Try it:
In full and without edits, write out the data that follows.
(Supplied data Opens)
-- ===== src/Lakehouse/Names.antt =====
-- The check of table names in lakehouse/exporter.py
pub mod Accepted
use Prim.Native.Char.{Char, code}
use Prim.Native.String
use crypto_streaming_lakehou.Base.{
  String, ◌==◌, Bool, true, false, ◌&&◌, ◌||◌, leb, if◌then◌else◌, Try, ok, raised, value_error,
}

-- [a-zA-Z_]
abbrev pub is_letter : Char → Bool
is_letter c =
    (leb b'a' (code c) && leb (code c) b'z')
    || (leb b'A' (code c) && leb (code c) b'Z')
    || code c == b'_'

-- [a-zA-Z0-9_]
abbrev pub is_word : Char → Bool
is_word c = is_letter c || (leb b'0' (code c) && leb (code c) b'9')

-- `$`: the end, or the place before a newline that ends the text
abbrev pub at_end : String → Bool
at_end String.[] = true
at_end (String.◌∷◌ c String.[]) = code c == b'\n'
at_end (String.◌∷◌ c (String.◌∷◌ d s)) = false

-- [a-zA-Z0-9_]*$, from here on; no word character is a newline
unfoldable pub matches_rest : String → Bool
matches_rest String.[] = true
matches_rest (String.◌∷◌ c s) =
    let rest = matches_rest s in if is_word c then rest else at_end (String.◌∷◌ c s)

-- _SAFE_TABLE_RE.match
unfoldable pub matches : String → Bool
unfolding matches_rest
matches String.[] = false
matches (String.◌∷◌ c s) = is_letter c && matches_rest s

unfoldable pub validate_table_name : String → Try (Unit {0})
unfolding matches
validate_table_name table = if matches table then ok tt else raised value_error
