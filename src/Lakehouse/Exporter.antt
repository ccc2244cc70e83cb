-- ===== src/Lakehouse/Exporter.antt =====
-- GoldExporter of lakehouse/exporter.py
pub mod Numerals
pub mod Writing
pub mod Full
pub mod Incremental
pub mod Partitions
use Prim.Native.String.{◌++◌ as ◌<>◌}
use crypto_streaming_lakehou.Base.{
  ℕ, zero, suc, ◌+◌, ◌*◌, ◌/◌, ◌%◌, String, ◌==◌, Bool, true, false, not, ◌||◌, List, [], ◌∷◌, ◌++◌,
  ltb, if◌then◌else◌, is_empty, Try, ok, raised, other,
}
use crypto_streaming_lakehou.Lakehouse.Names.{validate_table_name}
use crypto_streaming_lakehou.Lakehouse.Storage.{
  File, Storage, Date, Frames, is_under, rmtree, write_part,
}

abbrev pub digit : ℕ → String
digit zero = "0"
digit (suc n) = elim n [
  | zero ↦ "1"
  | suc m ↦
      if m == 0
      then "2"
      else if m == 1
      then "3"
      else if m == 2
      then "4"
      else if m == 3
      then "5"
      else if m == 4
      then "6"
      else if m == 5
      then "7"
      else if m == 6
      then "8"
      else "9"
]

-- strftime's %m and %d
unfoldable pub two_digits : ℕ → String
two_digits n = digit (n / 10 % 10) <> digit (n % 10)

-- strftime's %Y
unfoldable pub four_digits : ℕ → String
unfolding two_digits
four_digits n = two_digits (n / 100) <> two_digits n

-- What rmtree does: it removes the tree, or raises after it has removed some of the files.
pub data Removal (Row : Type 0) : Type 0 where
  removed : Removal Row
  refused : (File Row → Bool) → Removal Row

-- The files that are not under `dir`, and those under it that are kept.
unfoldable pub keep :
    {Row : Type 0} → List String → (File Row → Bool) → List (File Row) → List (File Row)
unfolding is_under
keep dir kept [] = []
keep dir kept (f ∷ files) =
    let rest = keep dir kept files in
    if not (is_under dir f.directory) || kept f then f ∷ rest else rest

-- What the environment answers to an export: rmtree, the rows of the Gold table that Postgres
-- returns to the scan, with connecting and loading the extension, and each call of to_parquet, with
-- its mkdir.
pub record Answers (Row : Type 0) : Type 0 where
  pub removal : Removal Row
  pub scan : Try (List Row)
  pub to_parquet : ℕ → Try (Unit {0})

infixl 5 ◌then_do◌
-- Two statements: the second runs if the first did not raise.
abbrev pub ◌then_do◌ :
    {S : Type 0} → Try (Unit {0}) × S → (S → Try (Unit {0}) × S) → Try (Unit {0}) × S
(ok u, s) then_do next = next s
(raised e, s) then_do next = (raised e, s)

module _ {Row : Type 0} (frames : Frames Row) (output_path : List String) where
  abbrev pub table_path : String → List String
  table_path table = output_path ++ "gold" ∷ table ∷ []

  unfoldable pub partition_path : String → Date → List String
  unfolding two_digits four_digits
  partition_path table date =
      table_path table
      ++ ("year=" <> four_digits date.year)
        ∷ ("month=" <> two_digits date.month)
        ∷ ("day=" <> two_digits date.day)
        ∷ []

  abbrev pub write_file :
      String → Try (Unit {0}) → Date × List Row → Storage Row → Try (Unit {0}) × Storage Row
  write_file table (ok _) (date, rows) s = (ok tt, write_part (partition_path table date) rows s)
  write_file table (raised e) (date, rows) s = (raised e, s)

  -- The loop over the groups; the call of the n-th round is answered by `to_parquet n`.
  unfoldable pub write_partitions :
      String
      → (ℕ → Try (Unit {0}))
      → ℕ
      → List (Date × List Row)
      → Storage Row
      → Try (Unit {0}) × Storage Row
  unfolding partition_path
  write_partitions table to_parquet n [] s = (ok tt, s)
  write_partitions table to_parquet n (g ∷ groups) s =
      write_file table (to_parquet n) g s then_do write_partitions table to_parquet (suc n) groups

  unfoldable pub export :
      String → (ℕ → Try (Unit {0})) → Try (List Row) → Storage Row → Try (Unit {0}) × Storage Row
  unfolding write_partitions
  export table to_parquet (raised e) s = (raised e, s)
  export table to_parquet (ok rows) s =
      if is_empty rows
      then (ok tt, s)
      else write_partitions table to_parquet 0 (frames.groupby rows) s

  abbrev pub remove : String → Removal Row → Storage Row → Try (Unit {0}) × Storage Row
  remove table removed s = (ok tt, record s { files = rmtree (table_path table) s.files })
  remove table (refused kept) s =
      (raised other, record s { files = keep (table_path table) kept s.files })

  unfoldable pub full_export : String → Answers Row → Storage Row → Try (Unit {0}) × Storage Row
  unfolding export keep rmtree validate_table_name
  full_export table a s =
      (validate_table_name table, s)
      then_do remove table a.removal
      then_do export table a.to_parquet a.scan

  -- WHERE window_start > high_water_mark
  unfoldable pub newer : ℕ → List Row → List Row
  newer mark [] = []
  newer mark (r ∷ rows) =
      let rest = newer mark rows in if ltb mark (frames.window_start r) then r ∷ rest else rest

  abbrev pub newer_scan : ℕ → Try (List Row) → Try (List Row)
  newer_scan mark (ok rows) = ok (newer mark rows)
  newer_scan mark (raised e) = raised e

  unfoldable pub incremental_export :
      String → ℕ → Answers Row → Storage Row → Try (Unit {0}) × Storage Row
  unfolding export newer validate_table_name
  incremental_export table mark a s =
      (validate_table_name table, s) then_do export table a.to_parquet (newer_scan mark a.scan)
(Supplied data Closes)
Response to the exercise:
-- ===== src/Lakehouse/Names.antt =====
-- The check of table names in lakehouse/exporter.py
pub mod Accepted
use Prim.Native.Char.{Char, code}
use Prim.Native.String
use crypto_streaming_lakehou.Base.{
  String, ◌==◌, Bool, true, false, ◌&&◌, ◌||◌, leb, if◌then◌else◌, Try, ok, raised, value_error,
}

-- [a-zA-Z_]
abbrev pub is_letter : Char → Bool
is_letter c =
    (leb b'a' (code c) && leb (code c) b'z')
    || (leb b'A' (code c) && leb (code c) b'Z')
    || code c == b'_'

-- [a-zA-Z0-9_]
abbrev pub is_word : Char → Bool
is_word c = is_letter c || (leb b'0' (code c) && leb (code c) b'9')

-- `$`: the end, or the place before a newline that ends the text
abbrev pub at_end : String → Bool
at_end String.[] = true
at_end (String.◌∷◌ c String.[]) = code c == b'\n'
at_end (String.◌∷◌ c (String.◌∷◌ d s)) = false

-- [a-zA-Z0-9_]*$, from here on; no word character is a newline
unfoldable pub matches_rest : String → Bool
matches_rest String.[] = true
matches_rest (String.◌∷◌ c s) =
    let rest = matches_rest s in if is_word c then rest else at_end (String.◌∷◌ c s)

-- _SAFE_TABLE_RE.match
unfoldable pub matches : String → Bool
unfolding matches_rest
matches String.[] = false
matches (String.◌∷◌ c s) = is_letter c && matches_rest s

unfoldable pub validate_table_name : String → Try (Unit {0})
unfolding matches
validate_table_name table = if matches table then ok tt else raised value_error
filename src/Lakehouse/Exporter.antt
repository ccc2244cc70e83cb
-- ===== src/Lakehouse/Exporter.antt =====
-- GoldExporter of lakehouse/exporter.py
pub mod Numerals
pub mod Writing
pub mod Full
pub mod Incremental
pub mod Partitions
use Prim.Native.String.{◌++◌ as ◌<>◌}
use crypto_streaming_lakehou.Base.{
  ℕ, zero, suc, ◌+◌, ◌*◌, ◌/◌, ◌%◌, String, ◌==◌, Bool, true, false, not, ◌||◌, List, [], ◌∷◌, ◌++◌,
  ltb, if◌then◌else◌, is_empty, Try, ok, raised, other,
}
use crypto_streaming_lakehou.Lakehouse.Names.{validate_table_name}
use crypto_streaming_lakehou.Lakehouse.Storage.{
  File, Storage, Date, Frames, is_under, rmtree, write_part,
}

abbrev pub digit : ℕ → String
digit zero = "0"
digit (suc n) = elim n [
  | zero ↦ "1"
  | suc m ↦
      if m == 0
      then "2"
      else if m == 1
      then "3"
      else if m == 2
      then "4"
      else if m == 3
      then "5"
      else if m == 4
      then "6"
      else if m == 5
      then "7"
      else if m == 6
      then "8"
      else "9"
]

-- strftime's %m and %d
unfoldable pub two_digits : ℕ → String
two_digits n = digit (n / 10 % 10) <> digit (n % 10)

-- strftime's %Y
unfoldable pub four_digits : ℕ → String
unfolding two_digits
four_digits n = two_digits (n / 100) <> two_digits n

-- What rmtree does: it removes the tree, or raises after it has removed some of the files.
pub data Removal (Row : Type 0) : Type 0 where
  removed : Removal Row
  refused : (File Row → Bool) → Removal Row

-- The files that are not under `dir`, and those under it that are kept.
unfoldable pub keep :
    {Row : Type 0} → List String → (File Row → Bool) → List (File Row) → List (File Row)
unfolding is_under
keep dir kept [] = []
keep dir kept (f ∷ files) =
    let rest = keep dir kept files in
    if not (is_under dir f.directory) || kept f then f ∷ rest else rest

-- What the environment answers to an export: rmtree, the rows of the Gold table that Postgres
-- returns to the scan, with connecting and loading the extension, and each call of to_parquet, with
-- its mkdir.
pub record Answers (Row : Type 0) : Type 0 where
  pub removal : Removal Row
  pub scan : Try (List Row)
  pub to_parquet : ℕ → Try (Unit {0})

infixl 5 ◌then_do◌
-- Two statements: the second runs if the first did not raise.
abbrev pub ◌then_do◌ :
    {S : Type 0} → Try (Unit {0}) × S → (S → Try (Unit {0}) × S) → Try (Unit {0}) × S
(ok u, s) then_do next = next s
(raised e, s) then_do next = (raised e, s)

module _ {Row : Type 0} (frames : Frames Row) (output_path : List String) where
  abbrev pub table_path : String → List String
  table_path table = output_path ++ "gold" ∷ table ∷ []

  unfoldable pub partition_path : String → Date → List String
  unfolding two_digits four_digits
  partition_path table date =
      table_path table
      ++ ("year=" <> four_digits date.year)
        ∷ ("month=" <> two_digits date.month)
        ∷ ("day=" <> two_digits date.day)
        ∷ []

  abbrev pub write_file :
      String → Try (Unit {0}) → Date × List Row → Storage Row → Try (Unit {0}) × Storage Row
  write_file table (ok _) (date, rows) s = (ok tt, write_part (partition_path table date) rows s)
  write_file table (raised e) (date, rows) s = (raised e, s)

  -- The loop over the groups; the call of the n-th round is answered by `to_parquet n`.
  unfoldable pub write_partitions :
      String
      → (ℕ → Try (Unit {0}))
      → ℕ
      → List (Date × List Row)
      → Storage Row
      → Try (Unit {0}) × Storage Row
  unfolding partition_path
  write_partitions table to_parquet n [] s = (ok tt, s)
  write_partitions table to_parquet n (g ∷ groups) s =
      write_file table (to_parquet n) g s then_do write_partitions table to_parquet (suc n) groups

  unfoldable pub export :
      String → (ℕ → Try (Unit {0})) → Try (List Row) → Storage Row → Try (Unit {0}) × Storage Row
  unfolding write_partitions
  export table to_parquet (raised e) s = (raised e, s)
  export table to_parquet (ok rows) s =
      if is_empty rows
      then (ok tt, s)
      else write_partitions table to_parquet 0 (frames.groupby rows) s

  abbrev pub remove : String → Removal Row → Storage Row → Try (Unit {0}) × Storage Row
  remove table removed s = (ok tt, record s { files = rmtree (table_path table) s.files })
  remove table (refused kept) s =
      (raised other, record s { files = keep (table_path table) kept s.files })

  unfoldable pub full_export : String → Answers Row → Storage Row → Try (Unit {0}) × Storage Row
  unfolding export keep rmtree validate_table_name
  full_export table a s =
      (validate_table_name table, s)
      then_do remove table a.removal
      then_do export table a.to_parquet a.scan

  -- WHERE window_start > high_water_mark
  unfoldable pub newer : ℕ → List Row → List Row
  newer mark [] = []
  newer mark (r ∷ rows) =
      let rest = newer mark rows in if ltb mark (frames.window_start r) then r ∷ rest else rest

  abbrev pub newer_scan : ℕ → Try (List Row) → Try (List Row)
  newer_scan mark (ok rows) = ok (newer mark rows)
  newer_scan mark (raised e) = raised e

  unfoldable pub incremental_export :
      String → ℕ → Answers Row → Storage Row → Try (Unit {0}) × Storage Row
  unfolding export newer validate_table_name
  incremental_export table mark a s =
      (validate_table_name table, s) then_do export table a.to_parquet (newer_scan mark a.scan)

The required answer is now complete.